The silence that followed was brief, but I felt it spread through the room like a crack in glass.
Then he exhaled, disappointed.
“Only 917?”
Only.
That one word reached me faster than a slap ever could.
My fingers tightened around my phone. For months, I had imagined this moment with the foolish optimism of daughters who still believe effort can buy affection. I had imagined my father nodding with approval, maybe even saying good. In my softest, most childish fantasy, he would smile and say he was proud of me.
Instead, he leaned back and said, “The border is 930. You couldn’t even cross that?”
My mother spoke quietly from the kitchen. “She got good marks.”
“Good?” my father snapped. “Do you know how many students are getting 950 now? Good marks are nothing. Good marks don’t get seats. Good marks don’t build a future.”
I opened my mouth and closed it again.
What could I say? That I had spent two years with formulas living under my skin? That I knew the pattern of sunrise from my study table better than I knew the shape of rest? That I had memorized derivations while fighting sleep, swallowed fear with tea, and written mock tests until my wrists ached? That every mark on that screen had cost me something?
“I studied,” I said, and hated how small my voice sounded.
My father gave a short laugh, the kind that wasn’t laughter at all. “Then maybe you didn’t study properly.”
There are sentences that bruise in places no one can see.
That was one of them.
He took my phone from my hand and scrolled through the marks again, as if disappointment might increase if he stared hard enough.

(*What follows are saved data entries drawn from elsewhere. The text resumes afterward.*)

-- ===== src/Service/Everywhere.antt =====
-- `pg_get_discovery_wide` on every branch: the list of the databases and the loop over it.
use libzbxpgsql.Base.{
  ◌≡◌, refl, ap, sym, ◌∙◌, subst, Bool, true, false, Bool-cases, Option-cases, inl, inr, ◌==◌,
  Option, none, some, List, [], ◌∷◌, ◌++◌, All, Text, bytes, length, get_elem?-middle, append-cons,
  length-append_one, if◌then◌else◌, arith,
}
use libzbxpgsql.Buffer.{Buffer}
use libzbxpgsql.Databases.{databases}
use libzbxpgsql.Databases.Laws.{IsName, encoded, multi_string-encoded}
use libzbxpgsql.Runtime.{
  Env, World, Request, PgResult, JsonCall, Report, Event, Cmd, pure, lift, ◌>>=◌, report, msg, str,
  connected,
}
use libzbxpgsql.Params.Laws.{IsFresh}
use libzbxpgsql.Params.Owned.{nothing-HasArray}
use libzbxpgsql.Connect.{plain_format}
use libzbxpgsql.Connect.Laws.{IsTextRequest, request_connstring}
use libzbxpgsql.Query.{pq_getvalue}
use libzbxpgsql.Discovery.{
  pq_ntuples, first_column, get_databases_query, databases_of, pg_get_databases, document,
  discover_each, pg_get_discovery_wide,
}
use libzbxpgsql.Discovery.Wide.{read-encoded, All-IsText}
use libzbxpgsql.Service.Effects.{
  Effect, Act, returns, says, and_then, answered_by, used, refusal, asks,
}
use libzbxpgsql.Service.Meets.{
  Meets, Meets-bind_of, mapped, Meets-mapped, Implements, Implements-returns, Implements-report,
  Implements-bind,
}
use libzbxpgsql.Service.Asks.{Uses, exchange-Meets}
use libzbxpgsql.Service.Wide.{each_act, discover_each-Implements}

-- The first value of each row, undefined where a row has none.
abbrev pub first_values : List (List Text) → Option (List Text)
first_values [] = some []
first_values ([] ∷ rows) = none
first_values ((value ∷ values) ∷ rows) = elim (first_values rows) [
  | none ↦ none
  | some vs ↦ some (value ∷ vs)
]

first_column-first_values :
    (r : PgResult) (left rows : List (List Text))
    → r.rows ≡ left ++ rows
    → first_column r (length left) rows ≡ first_values rows
unfolding first_column
first_column-first_values r left [] e = refl
first_column-first_values r left ([] ∷ rows) e =
    let missing : pq_getvalue r (length left) 0 ≡ none =
      rw (e, pq_getvalue, get_elem?-middle left rows []) refl in
    ground (arith, missing)
first_column-first_values r left ((value ∷ values) ∷ rows) e =
    let found : pq_getvalue r (length left) 0 ≡ some value =
      rw (e, pq_getvalue, get_elem?-middle left rows (value ∷ values)) refl in
    let rest =
      first_column-first_values r (left ++ (value ∷ values) ∷ []) rows
        (e ∙ append-cons left rows (value ∷ values)) in
    ground (arith, found, rest, length-append_one left (value ∷ values))

-- The names that a server lists for a connection are not empty, as PostgreSQL's are.
abbrev pub ListsNames : Env → Type 0
ListsNames env =
    (h : List Event) (c : Text) (names : List Text)
    → first_values (env.execute h c get_databases_query []).rows ≡ some names
    → All IsName names

module _ (env : Env) where
  abbrev no_databases : Report
  no_databases =
      msg
        (env.clip env.max_string_len (bytes "Failed to enumerate connectable PostgreSQL databases"))

  -- The names that a result lists.
  abbrev pub names_spec : PgResult → Option (Option (List Text) × List Report)
  names_spec r =
      if pq_ntuples r == 0
      then some (none, no_databases ∷ [])
      else elim (first_values r.rows) [ none ↦ none | some names ↦ some (some names, []) ]

  abbrev buffer_spec : PgResult → Option (Option Buffer × List Report)
  buffer_spec r =
      if pq_ntuples r == 0 then some (none, no_databases ∷ []) else elim (first_values r.rows) [
        | none ↦ none
        | some names ↦ some (some (encoded names ++ 0 ∷ []), [])
      ]

  databases_of-Uses : Uses (databases_of env) buffer_spec
  unfolding databases_of
  databases_of-Uses r w = elim (Option-cases (first_values r.rows)) [
    | inl e ↦ ground (arith, first_column-first_values r [] r.rows refl, e)
    | inr (names, e) ↦
        ground (arith, first_column-first_values r [] r.rows refl, e, multi_string-encoded names)
  ]

  abbrev read : Option Buffer → Option (Option (List Text))
  read none = some none
  read (some buffer) = elim (databases buffer) [ none ↦ none | some names ↦ some (some names) ]

  abbrev pub document_act : Option (List JsonCall) → Act Bool
  document_act none = returns false
  document_act (some calls) = says (str (document env calls) ∷ []) true true

  -- All databases, in the order of the list.
  abbrev pub databases_act : Request → Text → Option (List Text) → Act Bool
  databases_act request query none = returns false
  databases_act request query (some names) =
      λ h. and_then (each_act env request query [] names h) document_act h

  abbrev pub all_rows_act : Request → Text → Act Bool
  all_rows_act request query h =
      and_then (asks env request get_databases_query [] none names_spec h)
        (databases_act request query) h

  module _ (request : Request) (query : Text) (text_ok : IsTextRequest request)
      (named : ListsNames env) where
    used-mapped :
        (h : List Event) (c : Text) (r : PgResult)
        → r ≡ env.execute h c get_databases_query []
        → mapped read (used env c get_databases_query [] (buffer_spec r))
          ≡ used env c get_databases_query [] (names_spec r)
    used-mapped h c r e = elim (Bool-cases (pq_ntuples r == 0)) [
      | inl empty ↦ rw empty refl
      | inr some_rows ↦ elim (Option-cases (first_values r.rows)) [
        | inl missing ↦ rw (some_rows, missing) refl
        | inr (names, found) ↦
            let back =
              read-encoded names
                (named h c names (ap (λ x. first_values x.rows) (sym e) ∙ found)) in
            ground (arith, some_rows, found, back)
      ]
    ]

    refusal-mapped :
        (c : Text) (x : Option Text)
        → mapped read (refusal env c [] none x) ≡ refusal env c [] none x
    refusal-mapped c none = refl
    refusal-mapped c (some text) = refl

    asks-mapped :
        (h : List Event) (c : Text) (x : Option Text)
        → mapped read (answered_by env c get_databases_query [] [] none buffer_spec h x)
          ≡ answered_by env c get_databases_query [] [] none names_spec h x
    asks-mapped h c none = used-mapped (connected c ∷ h) c _ refl
    asks-mapped h c (some message) = refusal-mapped c (plain_format message)

    -- What is listed is listed by name.
    abbrev IsListed : Option (List Text) → Type 0
    IsListed none = Unit
    IsListed (some names) = All IsName names

    abbrev ListsOnly : Option (Effect (Option (List Text))) → Type 0
    ListsOnly none = Unit
    ListsOnly (some e) = IsListed e.value

    used-ListsOnly :
        (h : List Event) (c : Text) (r : PgResult)
        → r ≡ env.execute h c get_databases_query []
        → ListsOnly (used env c get_databases_query [] (names_spec r))
    used-ListsOnly h c r e = elim (Bool-cases (pq_ntuples r == 0)) [
      | inl empty ↦ rw empty tt
      | inr some_rows ↦ elim (Option-cases (first_values r.rows)) [
        | inl missing ↦ rw (some_rows, missing) tt
        | inr (names, found) ↦
            rw (some_rows, found) (named h c names (ap (λ x. first_values x.rows) (sym e) ∙ found))
      ]
    ]

    refusal-ListsOnly : (c : Text) (x : Option Text) → ListsOnly (refusal env c [] none x)
    refusal-ListsOnly c none = tt
    refusal-ListsOnly c (some text) = tt

    asks-ListsOnly :
        (h : List Event) (c : Text) (x : Option Text)
        → ListsOnly (answered_by env c get_databases_query [] [] none names_spec h x)
    asks-ListsOnly h c none = used-ListsOnly (connected c ∷ h) c _ refl
    asks-ListsOnly h c (some message) = refusal-ListsOnly c (plain_format message)

    abbrev each_name : Option (List Text) → Cmd Bool
    each_name none = pure false
    each_name (some names) = discover_each env request query none [] names >>= λ result.
        elim result [
          | none ↦ pure false
          | some calls ↦ report (str (document env calls)) >>= λ _. pure true
        ]

    each_name-Implements :
        (found : Option (List Text))
        → IsListed found
        → Implements (each_name found) (databases_act request query found)
    each_name-Implements none h = Implements-returns false
    each_name-Implements (some names) h =
        Implements-bind (discover_each env request query none [] names)
          (each_act env request query [] names) _ document_act
          (discover_each-Implements env request query text_ok names [] (All-IsText names h))
          (λ result. document-Implements result)
      where
        document-Implements :
            (result : Option (List JsonCall))
            → Implements
                (elim result [
                  | none ↦ pure false
                  | some calls ↦ report (str (document env calls)) >>= λ _. pure true
                ])
                (document_act result)
        document-Implements none = Implements-returns false
        document-Implements (some calls) = Implements-report (str (document env calls)) true

    names_read : Cmd (Option (List Text))
    names_read = pg_get_databases env request >>= λ found. lift (read found)

    names_read-Meets :
        (w : World)
        → IsFresh w
        → Meets w w
            (names_read w)
            (asks env request get_databases_query [] none names_spec w.history)
    unfolding pg_get_databases names_read
    names_read-Meets w f =
        subst (Meets w w (names_read w)) (asks-mapped w.history (request_connstring request) _) (
          Meets-mapped read w w (pg_get_databases env request) _ (
            exchange-Meets env request get_databases_query none (databases_of env) buffer_spec
              databases_of-Uses text_ok w w none [] (nothing-HasArray w f)))

    wide-names_read :
        (w : World) → pg_get_discovery_wide env request query none w ≡ (names_read >>= each_name) w
    unfolding pg_get_discovery_wide names_read
    wide-names_read w = elim (Option-cases (pg_get_databases env request w)) [
      | inl e ↦ ground (arith, e)
      | inr ((none, w₁), e) ↦ ground (arith, e)
      | inr ((some buffer, w₁), e) ↦ elim (Option-cases (databases buffer)) [
        | inl d ↦ ground (arith, e, d)
        | inr (names, d) ↦ ground (arith, e, d)
      ]
    ]

    -- For connection parameters that hold no terminator inside and a server that lists no database
    -- with an empty name, `pg_get_discovery_wide` without parameters implements, on every branch:
    -- the list of the databases, then one query for each of them up to the first that refuses the
    -- connection or whose query fails, which ends it with a message; and the document of all
    -- objects where none does. Where a query fails on a listed database, every block that was there
    -- before is still there and a new one is left in the memory; else the memory is as it was.
    pub pg_get_discovery_wide-Implements :
        Implements (pg_get_discovery_wide env request query none) (all_rows_act request query)
    pg_get_discovery_wide-Implements = record {
      at = λ w f.
          subst (λ r. Meets w w r (all_rows_act request query w.history)) (sym (wide-names_read w))
            (Meets-bind_of w w names_read _ each_name (databases_act request query) f
              (names_read-Meets w f)
              (λ e eq.
                each_name-Implements e.value
                  (subst ListsOnly eq (asks-ListsOnly w.history (request_connstring request) _))));
    }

“What about EAPCET?” he asked. “You’d better get a rank worth something. Otherwise what is the use? Stay at home then.”
Stay at home.
As if a girl could become a warning. As if one bad rank could reduce a life to a threat.
I felt my throat burn, but I had learned long ago that crying in front of my father was like bleeding in front of a hunter. So I nodded, took back my phone, and walked to my room with the careful stillness of someone trying not to shatter where people could hear.

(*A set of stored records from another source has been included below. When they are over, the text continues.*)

-- ===== src/Service/Plans.antt =====
-- What a request comes to, by what it asks: the plans, and their effects on a server.
use libzbxpgsql.Base.{
  Bool, true, false, ◌==◌, Option, none, some, List, [], ◌∷◌, Text, bytes, printf, starts,
  if◌then◌else◌,
}
use libzbxpgsql.Runtime.{Env, Request, PgResult, Report, msg, str, ui64, dbl, connected}
use libzbxpgsql.Params.Owned.{is_empty}
use libzbxpgsql.Connect.{plain_format}
use libzbxpgsql.Connect.Laws.{request_connstring}
use libzbxpgsql.Numbers.{strtoull, atoi, to_u64}
use libzbxpgsql.Query.{ResultType, pq_getvalue}
use libzbxpgsql.Discovery.{pq_ntuples}
use libzbxpgsql.Service.Effects.{Act, says, and_then, asks_with}
use libzbxpgsql.Service.Values.{value_act, old_act}
use libzbxpgsql.Service.Rows.{query_error, rows_act}
use libzbxpgsql.Service.Everywhere.{all_rows_act}

-- The lists of texts are the parameters of a query, or those that are left behind.
pub data Plan : Type 0 where
  -- a call that C leaves undefined
  undefined : Plan
  -- no query: a value, or a message for a failure
  answer : Report → Plan
  refuse : List Text → Text → Plan
  -- a connection and nothing else
  probe : Plan
  -- one query for a value of a type, for a document of its rows, or for that of all databases
  value : ResultType → Text → List Text → Plan
  rows : Text → List Text → Plan
  all_rows : Text → Plan
  -- one query for a setting in its own type, or for a counter of the indexes
  setting : Text → List Text → Plan
  index_stat : Text → List Text → Plan
  -- the version of the server first: a plan for an older one than 9.2, and one for the others
  by_version : List Text → Plan → Plan → Plan

module _ (env : Env) where
  abbrev setting_report : Text → Text → Report
  setting_report v type =
      if starts (bytes "integer") type 7
      then ui64 (strtoull v)
      else if starts (bytes "real") type 4
      then dbl v
      else str v

  abbrev pub setting_spec : PgResult → Option (Bool × List Report)
  setting_spec r =
      if r.tuples_ok
      then if pq_ntuples r == 0 then some (false, []) else elim (pq_getvalue r 0 0) [
        | none ↦ none
        | some v ↦ elim (pq_getvalue r 0 1) [
          | none ↦ none
          | some type ↦ some (true, setting_report v type ∷ [])
        ]
      ]
      else some (false, query_error env r ∷ [])

  abbrev no_rows : Text → Report
  no_rows query = msg (
      env.clip env.max_string_len (printf (bytes "No results returned for query: %s") (query ∷ [])))

  abbrev pub index_spec : Text → PgResult → Option (Bool × List Report)
  index_spec query r =
      if r.tuples_ok
      then if pq_ntuples r == 0
        then some (false, no_rows query ∷ [])
        else elim (pq_getvalue r 0 0) [
          | none ↦ none
          | some v ↦ elim (atoi v) [ none ↦ none | some n ↦ some (true, ui64 (to_u64 n) ∷ []) ]
        ]
      else some (false, query_error env r ∷ [])

  -- A connection is reported as 1, and a refusal as 0, with no message.
  abbrev pub probe_act : Request → Act Bool
  probe_act request h = elim (env.connect h (request_connstring request)) [
    | none ↦ some (record {
      value = true;
      said = ui64 1 ∷ [];
      asked = connected (request_connstring request) ∷ [];
      clean = true;
    })
    | some message ↦ elim (plain_format message) [
      | none ↦ none
      | some text ↦ some (record {
        value = true;
        said = ui64 0 ∷ [];
        asked = connected (request_connstring request) ∷ [];
        clean = true;
      })
    ]
  ]

  abbrev pub by_age : List Text → Act Bool → Act Bool → Option Bool → Act Bool
  by_age leaked older newer none = says [] (is_empty leaked) false
  by_age leaked older newer (some true) = older
  by_age leaked older newer (some false) = newer

  abbrev pub late_act :
      Request → Text → List Text → (PgResult → Option (Bool × List Report)) → Act Bool
  late_act request query ss spec = asks_with env request query [] ss false spec

  -- The effect of a plan.
  unfoldable pub serve : Request → Plan → Act Bool
  serve request undefined h = none
  serve request (answer r) h = says (r ∷ []) true true h
  serve request (refuse leaked text) h =
      says (msg (env.clip env.max_string_len text) ∷ []) (is_empty leaked) false h
  serve request probe h = probe_act request h
  serve request (value type query ss) h = value_act env request type query ss h
  serve request (rows query ss) h = rows_act env request query ss h
  serve request (all_rows query) h = all_rows_act env request query h
  serve request (setting query ss) h = late_act request query ss setting_spec h
  serve request (index_stat query ss) h = late_act request query ss (index_spec query) h
  serve request (by_version leaked older newer) h =
      and_then (old_act env request h) (by_age leaked (serve request older) (serve request newer)) h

My room was barely wider than my loneliness.
A narrow cot. A metal shelf. A study table crowded with textbooks, highlighters, and half-used pens. Above the table hung the timetable I had made at the start of the year, written in blue sketch pen and taped neatly to the wall.
5:00 a.m. – Physics
6:30 p.m. – Maths revision
9:00 p.m. – Chemistry problems
No distractions. No excuses.
At the bottom, in letters decorated with tiny stars, I had written:
Make them proud.
I stared at those words for a long time.
Then I stood on the edge of my bed, peeled the timetable from the wall, and tore it in half.

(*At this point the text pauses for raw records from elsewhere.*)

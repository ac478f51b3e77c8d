-- ===== src/Service/Total/Acts.antt =====
-- Where the acts are defined: the rules, and the use of each kind of result.
use libzbxpgsql.Base.{
  refl, ℕ, All, Option-cases, ◌≡◌, ◌≤◌, Bool, true, false, Bool-cases, inl, inr, ◌==◌, Option, none,
  some, List, [], ◌∷◌, length, Text, arith,
}
use libzbxpgsql.Runtime.{Env, PgResult, Report, Event, connected}
use libzbxpgsql.Connect.{plain_format}
use libzbxpgsql.Query.{pq_getvalue}
use libzbxpgsql.Query.Laws.{scalar_spec}
use libzbxpgsql.Discovery.{pq_ntuples}
use libzbxpgsql.Discovery.Laws.{IsTable}
use libzbxpgsql.Service.Effects.{Effect, Act, joined, and_then, refusal, used, answered_by}
use libzbxpgsql.Service.Rows.{members?, objects?, rows_spec}
use libzbxpgsql.Service.Everywhere.{first_values, names_spec}
use libzbxpgsql.Service.Plans.{setting_spec}

abbrev pub IsDefined : {A : Type 0} → Option A → Type 0
IsDefined none = ⊥
IsDefined (some a) = Unit

-- Each row of a result has a value for each column.
abbrev pub IsTabular : Env → Type 0
IsTabular env =
    (h : List Event) (c query : Text) (ss : List Text)
    → IsTable (env.execute h c query ss).fields (env.execute h c query ss).rows

-- What the server says of a connection that it refuses is a plain format.
abbrev pub IsPlain : Env → Text → Type 0
IsPlain env c =
    (h : List Event) (message : Text)
    → env.connect h c ≡ some message
    → IsDefined (plain_format message)

-- A query that succeeds has at least `n` columns.
abbrev pub HasColumns : Env → Text → ℕ → Text → List Text → Type 0
HasColumns env c n query ss =
    (h : List Event)
    → (env.execute h c query ss).tuples_ok ≡ true
    → n ≤ length (env.execute h c query ss).fields

-- A property of the value of a defined act.
abbrev pub Holds : {A : Type 0} → (A → Type 0) → Option (Effect A) → Type 0
Holds P none = Unit
Holds P (some e) = P e.value

pub Holds-any : {A : Type 0} → (x : Option (Effect A)) → Holds (λ _. Unit {0}) x
Holds-any none = tt
Holds-any (some e) = tt

module _ {A B : Type 0} where
  pub joined-IsDefined :
      (e : Effect A) (x : Option (Effect B)) → IsDefined x → IsDefined (joined e x)
  joined-IsDefined e none d = d
  joined-IsDefined e (some e') d = tt

  pub and_then-IsDefined :
      (P : A → Type 0) (x : Option (Effect A)) (k : A → Act B) (h : List Event)
      → IsDefined x
      → Holds P x
      → ((a : A) (h : List Event) → P a → IsDefined (k a h))
      → IsDefined (and_then x k h)
  and_then-IsDefined P none k h d p rest = d
  and_then-IsDefined P (some e) k h d p rest = joined-IsDefined e _ (rest e.value _ p)

module _ (env : Env) {B : Type 0} where
  pub refusal-IsDefined :
      (c : Text) (ss : List Text) (failed : B) (x : Option Text)
      → IsDefined x
      → IsDefined (refusal env c ss failed x)
  refusal-IsDefined c ss failed none d = d
  refusal-IsDefined c ss failed (some text) d = tt

  pub used-IsDefined :
      (c query : Text) (ss : List Text) (x : Option (B × List Report))
      → IsDefined x
      → IsDefined (used env c query ss x)
  used-IsDefined c query ss none d = d
  used-IsDefined c query ss (some (v, rs)) d = tt

  -- A query is defined where the use of its result is.
  pub answered_by-IsDefined :
      (c : Text)
      → IsPlain env c
      → (query : Text) (pending ss : List Text) (failed : B)
        (use_spec : PgResult → Option (B × List Report))
      → ((h : List Event) → IsDefined (use_spec (env.execute h c query ss)))
      → (h : List Event) (x : Option Text) → env.connect h c ≡ x
      → IsDefined (answered_by env c query pending ss failed use_spec h x)
  answered_by-IsDefined c plain query pending ss failed use_spec d h none e =
      used-IsDefined c query ss _ (d (connected c ∷ h))
  answered_by-IsDefined c plain query pending ss failed use_spec d h (some message) e =
      refusal-IsDefined c pending failed _ (plain h message e)

abbrev pub AllListed : (Text → Type 0) → Option (List Text) → Type 0
AllListed Q none = Unit
AllListed Q (some names) = All Q names

-- A property of the value of a use.
abbrev pub HoldsSpec : {A : Type 0} → (A → Type 0) → Option (A × List Report) → Type 0
HoldsSpec P none = Unit
HoldsSpec P (some (a, rs)) = P a

module _ (env : Env) {B : Type 0} (P : B → Type 0) where
  refusal-Holds :
      (c : Text) (ss : List Text) (failed : B) (x : Option Text)
      → P failed
      → Holds P (refusal env c ss failed x)
  refusal-Holds c ss failed none p = tt
  refusal-Holds c ss failed (some text) p = p

  used-Holds :
      (c query : Text) (ss : List Text) (x : Option (B × List Report))
      → HoldsSpec P x
      → Holds P (used env c query ss x)
  used-Holds c query ss none p = tt
  used-Holds c query ss (some (v, rs)) p = p

  pub answered_by-Holds :
      (c query : Text) (pending ss : List Text) (failed : B)
      (use_spec : PgResult → Option (B × List Report))
      → P failed
      → ((h : List Event) → HoldsSpec P (use_spec (env.execute h c query ss)))
      → (h : List Event) (x : Option Text)
      → Holds P (answered_by env c query pending ss failed use_spec h x)
  answered_by-Holds c query pending ss failed use_spec p q h none =
      used-Holds c query ss _ (q (connected c ∷ h))
  answered_by-Holds c query pending ss failed use_spec p q h (some message) =
      refusal-Holds c pending failed (plain_format message) p

module _ (env : Env) where
  pub scalar_spec-IsDefined :
      (query : Text) (r : PgResult)
      → IsTable r.fields r.rows
      → (r.tuples_ok ≡ true → 1 ≤ length r.fields)
      → IsDefined (scalar_spec env query r)
  unfolding scalar_spec
  scalar_spec-IsDefined query r t l = go r.tuples_ok r.rows t l
    where
      go :
          (ok : Bool) (rows : List (List Text))
          → IsTable r.fields rows
          → (ok ≡ true → 1 ≤ length r.fields)
          → IsDefined (scalar_spec env query (record r { tuples_ok = ok; rows = rows }))
      go false rows t l = tt
      go true [] t l = tt
      go true ([] ∷ rows) t l = absurd (ground (arith, t, l refl))
      go true ((value ∷ values) ∷ rows) t l = tt

  members?-IsDefined :
      (names values : List Text)
      → length values ≡ length names
      → IsDefined (members? env names values)
  members?-IsDefined [] values e = tt
  members?-IsDefined (name ∷ names) [] e = ground (arith, e)
  members?-IsDefined (name ∷ names) (value ∷ values) e =
      ground (arith, members?-IsDefined names values (ground (arith, e)))

  pub objects?-IsDefined :
      (fields : List Text) (rows : List (List Text))
      → IsTable fields rows
      → IsDefined (objects? env fields rows)
  objects?-IsDefined fields [] t = tt
  objects?-IsDefined fields (row ∷ rows) t =
      ground (arith, members?-IsDefined fields row t.0, objects?-IsDefined fields rows t.1)

  pub rows_spec-IsDefined : (r : PgResult) → IsTable r.fields r.rows → IsDefined (rows_spec env r)
  rows_spec-IsDefined r t = elim (Bool-cases r.tuples_ok) [
    | inl ok ↦ ground (arith, ok, objects?-IsDefined r.fields r.rows t)
    | inr bad ↦ ground (arith, bad)
  ]

  first_values-IsDefined :
      (fields : List Text) (rows : List (List Text))
      → 1 ≤ length fields
      → IsTable fields rows
      → IsDefined (first_values rows)
  first_values-IsDefined fields [] l t = tt
  first_values-IsDefined fields ([] ∷ rows) l t = absurd (ground (arith, t, l))
  first_values-IsDefined fields ((value ∷ values) ∷ rows) l t =
      ground (arith, first_values-IsDefined fields rows l t.1)

  pub names_spec-IsDefined :
      (r : PgResult)
      → IsTable r.fields r.rows
      → (r.tuples_ok ≡ true → 1 ≤ length r.fields)
      → IsDefined (names_spec env r)
  unfolding pq_ntuples
  names_spec-IsDefined r t l = elim (Bool-cases r.tuples_ok) [
    | inr bad ↦ ground (arith, bad)
    | inl good ↦ elim (Bool-cases (pq_ntuples r == 0)) [
      | inl empty ↦ ground (arith, empty)
      | inr some_rows ↦ ground (arith, some_rows, first_values-IsDefined r.fields r.rows (l good) t)
    ]
  ]

  pub setting_spec-IsDefined :
      (r : PgResult)
      → IsTable r.fields r.rows
      → (r.tuples_ok ≡ true → 2 ≤ length r.fields)
      → IsDefined (setting_spec env r)
  unfolding pq_getvalue pq_ntuples
  setting_spec-IsDefined r t l = go r.tuples_ok r.rows t l
    where
      go :
          (ok : Bool) (rows : List (List Text))
          → IsTable r.fields rows
          → (ok ≡ true → 2 ≤ length r.fields)
          → IsDefined (setting_spec env (record r { tuples_ok = ok; rows = rows }))
      go false rows t l = tt
      go true [] t l = tt
      go true ([] ∷ rows) t l = absurd (ground (arith, t, l refl))
      go true ((value ∷ []) ∷ rows) t l = absurd (ground (arith, t, l refl))
      go true ((value ∷ type ∷ values) ∷ rows) t l = ground arith

  -- The names that a server lists have a property that all that it may list have.
  pub names_spec-HoldsSpec :
      (Q : Text → Type 0) (r : PgResult)
      → ((names : List Text) → first_values r.rows ≡ some names → All Q names)
      → HoldsSpec (AllListed Q) (names_spec env r)
  names_spec-HoldsSpec Q r q = elim (Bool-cases (pq_ntuples r == 0)) [
    | inl empty ↦ rw empty tt
    | inr some_rows ↦ elim (Option-cases (first_values r.rows)) [
      | inl lost ↦ rw (some_rows, lost) tt
      | inr (names, found) ↦ rw (some_rows, found) (q names found)
    ]
  ]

Not dramatically. It didn’t rip in one smooth line the way paper does in movies. The tape fought back. The sheet folded awkwardly in my hands. One corner clung stubbornly to the paint. But when it finally came down, I felt something inside me come loose with it.
Make them proud.
That had been the center of my life for two years. Every chapter finished, every hour lost to panic, every cup of tea swallowed cold because I forgot it was there—everything had circled around that sentence.
Not make a future for yourself.
Not learn because your mind deserves to grow.
Not become someone you like.
Just make them proud.
And somehow, even after giving them my sleep, my weekends, my appetite, my peace, I was still standing on the wrong side of enough.
My phone buzzed against the bedsheet.
Sana calling.
I almost didn’t answer. Sana had the terrible habit of loving me loudly, and I was in no condition to survive kindness.
But I picked up anyway.
“How much?” she asked.
“917.”
There was half a second of silence. Then, “That’s amazing. Why do you sound like someone died?”
I laughed once, and the laugh broke in the middle. “Because in my house, 917 is apparently a tragedy.”
“Did uncle say something?”
I sat down on the floor beside the bed, knees pulled to my chest. “He said it’s not enough. He said if I studied properly, I would’ve done better.”
Sana went quiet, and when she spoke again, her voice had softened into something careful. “Do you know what I hate most about this?”
“That he’s disappointed?”
“No,” she said. “That you sound like you agree with him.”
I pressed my forehead to my knees. The tiles were cool against my skin.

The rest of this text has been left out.